━━ Provided records ━━
-- ===== src/Actions/Runs.antt =====
-- Every sequence of the executor's operations, with anything happening to the files in between.
use workspace_janitor.Prelude.{String, false, ◌≡◌, none, any}
use workspace_janitor.Core.Cleanup.{CleanupItem}
use workspace_janitor.Store.Cleanup.{empty}
use workspace_janitor.Store.Cleanup.History.{start, illegal, events_legal, journal_agrees}
use workspace_janitor.Store.Cleanup.Table.{state_of, state_after}
use workspace_janitor.Actions.{System, Engine, Machine}
use workspace_janitor.Actions.Journal.Effects.{Recorded}
use workspace_janitor.Actions.Move.{prepare, quarantine}
use workspace_janitor.Actions.Move.Journalled.{prepare-Records, quarantine-Records}
use workspace_janitor.Actions.Reconcile.{reconcile}
use workspace_janitor.Actions.Reconcile.Effects.{reconcile-Quiet}
use workspace_janitor.Actions.Restore.{restore}
use workspace_janitor.Actions.Restore.Effects.{restore-Records}
use workspace_janitor.Actions.Expire.{delete}
use workspace_janitor.Actions.Expire.Effects.{delete-Records}

module _ {F : Type 0} (sys : System F) where
  -- The machines that operations lead to: each with its own configuration, from any item, and with
  -- whatever outcome. Between two of them the files may change in any way.
  pub data Ran : Machine F → Type 0 where
    begun : (fs : F) → Ran (record { files = fs; journal = empty })
    disturbed : (m : Machine F) (fs : F) → Ran m → Ran (record m { files = fs })
    prepare_ran :
        (eng : Engine) (item : CleanupItem) (m : Machine F)
        → Ran m
        → Ran (prepare sys eng item m).machine
    quarantine_ran :
        (eng : Engine) (item : CleanupItem) (m : Machine F)
        → Ran m
        → Ran (quarantine sys eng item m).machine
    reconcile_ran :
        (eng : Engine) (item : CleanupItem) (m : Machine F)
        → Ran m
        → Ran (reconcile sys eng item m).machine
    restore_ran :
        (eng : Engine) (item : CleanupItem) (m : Machine F)
        → Ran m
        → Ran (restore sys eng item m).machine
    delete_ran :
        (eng : Engine) (item : CleanupItem) (m : Machine F)
        → Ran m
        → Ran (delete sys eng item m).machine

  Ran-Recorded : (m : Machine F) → Ran m → Recorded sys m
  Ran-Recorded _ (begun fs) = start
  Ran-Recorded _ (disturbed m fs r) = Ran-Recorded m r
  Ran-Recorded _ (prepare_ran eng item m r) =
      (prepare-Records sys eng item m).recorded (Ran-Recorded m r)
  Ran-Recorded _ (quarantine_ran eng item m r) =
      (quarantine-Records sys eng item m).recorded (Ran-Recorded m r)
  Ran-Recorded _ (reconcile_ran eng item m r) =
      (reconcile-Quiet sys eng item m).recorded (Ran-Recorded m r)
  Ran-Recorded _ (restore_ran eng item m r) =
      (restore-Records sys eng item m).recorded (Ran-Recorded m r)
  Ran-Recorded _ (delete_ran eng item m r) =
      (delete-Records sys eng item m).recorded (Ran-Recorded m r)

  -- For every machine that prepares, quarantines, reconciliations, restores and deletions lead to
  -- from an empty journal, however the files and the database answer and change in between, each
  -- journal event starts an item as prepared or goes from a state to one that it may transition to,
  -- and the state of each key's row is the one that the key's last event leads to.
  pub operations_refine :
      (m : Machine F)
      → Ran m
      → (any illegal m.journal.events ≡ false)
        × ((cid aid : String)
            → state_of cid aid m.journal.items ≡ state_after cid aid m.journal.events none)
  operations_refine m r = (
    events_legal sys.encode_entry sys.encode_action m.journal (Ran-Recorded m r),
    journal_agrees sys.encode_entry sys.encode_action m.journal (Ran-Recorded m r),
  )
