-- ===== src/Actions/Settle/Exact.antt =====
-- When an expired receipt's object counts as deleted, and when as restored.
use workspace_janitor.Prelude.{◌≡◌, ◌↔◌, true, false, arith}
use workspace_janitor.Core.Cleanup.{CleanupItem}
use workspace_janitor.Actions.{System}
use workspace_janitor.Actions.Paths.{is_object, is_missing, is_found}
use workspace_janitor.Actions.Marker.{has_deletion_marker}
use workspace_janitor.Actions.Settle.{absent_deleted, absent_restored, settle_absent}
use workspace_janitor.Prelude.{◌||◌}

module _ {F : Type 0} (sys : System F) where
  -- For every item and files, the object is settled as deleted exactly when nothing exists at the
  -- destination, this receipt's deletion marker stands, and reading the source answers that nothing
  -- exists there or an object that is not the item's; and as restored exactly when nothing exists at
  -- the destination and the item's object is at the source.
  pub settle_absent_iff :
      (fs : F) (item : CleanupItem)
      → ((settle_absent sys fs item ≡ absent_deleted) ↔ (
          (is_missing (sys.lstat fs item.destination) ≡ true)
          × (has_deletion_marker sys fs item ≡ true)
          × (is_object (sys.lstat fs item.source) item.entry.filesystem_id ≡ false)
          × ((is_missing (sys.lstat fs item.source) || is_found (sys.lstat fs item.source))
              ≡ true)))
        × ((settle_absent sys fs item ≡ absent_restored) ↔ (
            (is_missing (sys.lstat fs item.destination) ≡ true)
            × (is_object (sys.lstat fs item.source) item.entry.filesystem_id ≡ true)))
  unfolding settle_absent
  settle_absent_iff fs item = (ground arith, ground arith)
━━━
- [Prompt]:
Repeat the data in its entirety, exactly as written.

- [Answer section]:
-- ===== src/Actions/Runs.antt =====
-- Every sequence of the executor's operations, with anything happening to the files in between.
use workspace_janitor.Prelude.{String, false, ◌≡◌, none, any}
use workspace_janitor.Core.Cleanup.{CleanupItem}
use workspace_janitor.Store.Cleanup.{empty}
use workspace_janitor.Store.Cleanup.History.{start, illegal, events_legal, journal_agrees}
use workspace_janitor.Store.Cleanup.Table.{state_of, state_after}
use workspace_janitor.Actions.{System, Engine, Machine}
use workspace_janitor.Actions.Journal.Effects.{Recorded}
use workspace_janitor.Actions.Move.{prepare, quarantine}
use workspace_janitor.Actions.Move.Journalled.{prepare-Records, quarantine-Records}
use workspace_janitor.Actions.Reconcile.{reconcile}
use workspace_janitor.Actions.Reconcile.Effects.{reconcile-Quiet}
use workspace_janitor.Actions.Restore.{restore}
use workspace_janitor.Actions.Restore.Effects.{restore-Records}
use workspace_janitor.Actions.Expire.{delete}
use workspace_janitor.Actions.Expire.Effects.{delete-Records}

module _ {F : Type 0} (sys : System F) where
  -- The machines that operations lead to: each with its own configuration, from any item, and with
  -- whatever outcome. Between two of them the files may change in any way.
  pub data Ran : Machine F → Type 0 where
    begun : (fs : F) → Ran (record { files = fs; journal = empty })
    disturbed : (m : Machine F) (fs : F) → Ran m → Ran (record m { files = fs })
    prepare_ran :
        (eng : Engine) (item : CleanupItem) (m : Machine F)
        → Ran m
        → Ran (prepare sys eng item m).machine
    quarantine_ran :
        (eng : Engine) (item : CleanupItem) (m : Machine F)
        → Ran m
        → Ran (quarantine sys eng item m).machine
    reconcile_ran :
        (eng : Engine) (item : CleanupItem) (m : Machine F)
        → Ran m
        → Ran (reconcile sys eng item m).machine
    restore_ran :
        (eng : Engine) (item : CleanupItem) (m : Machine F)
        → Ran m
        → Ran (restore sys eng item m).machine
    delete_ran :
        (eng : Engine) (item : CleanupItem) (m : Machine F)
        → Ran m
        → Ran (delete sys eng item m).machine

  Ran-Recorded : (m : Machine F) → Ran m → Recorded sys m
  Ran-Recorded _ (begun fs) = start
  Ran-Recorded _ (disturbed m fs r) = Ran-Recorded m r
  Ran-Recorded _ (prepare_ran eng item m r) =
      (prepare-Records sys eng item m).recorded (Ran-Recorded m r)
  Ran-Recorded _ (quarantine_ran eng item m r) =
      (quarantine-Records sys eng item m).recorded (Ran-Recorded m r)
  Ran-Recorded _ (reconcile_ran eng item m r) =
      (reconcile-Quiet sys eng item m).recorded (Ran-Recorded m r)
  Ran-Recorded _ (restore_ran eng item m r) =
      (restore-Records sys eng item m).recorded (Ran-Recorded m r)
  Ran-Recorded _ (delete_ran eng item m r) =
      (delete-Records sys eng item m).recorded (Ran-Recorded m r)

  -- For every machine that prepares, quarantines, reconciliations, restores and deletions lead to
  -- from an empty journal, however the files and the database answer and change in between, each
  -- journal event starts an item as prepared or goes from a state to one that it may transition to,
  -- and the state of each key's row is the one that the key's last event leads to.
  pub operations_refine :
      (m : Machine F)
      → Ran m
      → (any illegal m.journal.events ≡ false)
        × ((cid aid : String)
            → state_of cid aid m.journal.items ≡ state_after cid aid m.journal.events none)
  operations_refine m r = (
    events_legal sys.encode_entry sys.encode_action m.journal (Ran-Recorded m r),
    journal_agrees sys.encode_entry sys.encode_action m.journal (Ran-Recorded m r),
  )
-- ===== src/Actions/Settle/Exact.antt =====
-- When an expired receipt's object counts as deleted, and when as restored.
use workspace_janitor.Prelude.{◌≡◌, ◌↔◌, true, false, arith}
use workspace_janitor.Core.Cleanup.{CleanupItem}
use workspace_janitor.Actions.{System}
use workspace_janitor.Actions.Paths.{is_object, is_missing, is_found}
use workspace_janitor.Actions.Marker.{has_deletion_marker}
use workspace_janitor.Actions.Settle.{absent_deleted, absent_restored, settle_absent}
use workspace_janitor.Prelude.{◌||◌}

module _ {F : Type 0} (sys : System F) where
  -- For every item and files, the object is settled as deleted exactly when nothing exists at the
  -- destination, this receipt's deletion marker stands, and reading the source answers that nothing
  -- exists there or an object that is not the item's; and as restored exactly when nothing exists at
  -- the destination and the item's object is at the source.
  pub settle_absent_iff :
      (fs : F) (item : CleanupItem)
      → ((settle_absent sys fs item ≡ absent_deleted) ↔ (
          (is_missing (sys.lstat fs item.destination) ≡ true)
          × (has_deletion_marker sys fs item ≡ true)
          × (is_object (sys.lstat fs item.source) item.entry.filesystem_id ≡ false)
          × ((is_missing (sys.lstat fs item.source) || is_found (sys.lstat fs item.source))
              ≡ true)))
        × ((settle_absent sys fs item ≡ absent_restored) ↔ (
            (is_missing (sys.lstat fs item.destination) ≡ true)
            × (is_object (sys.lstat fs item.source) item.entry.filesystem_id ≡ true)))
  unfolding settle_absent
  settle_absent_iff fs item = (ground arith, ground arith)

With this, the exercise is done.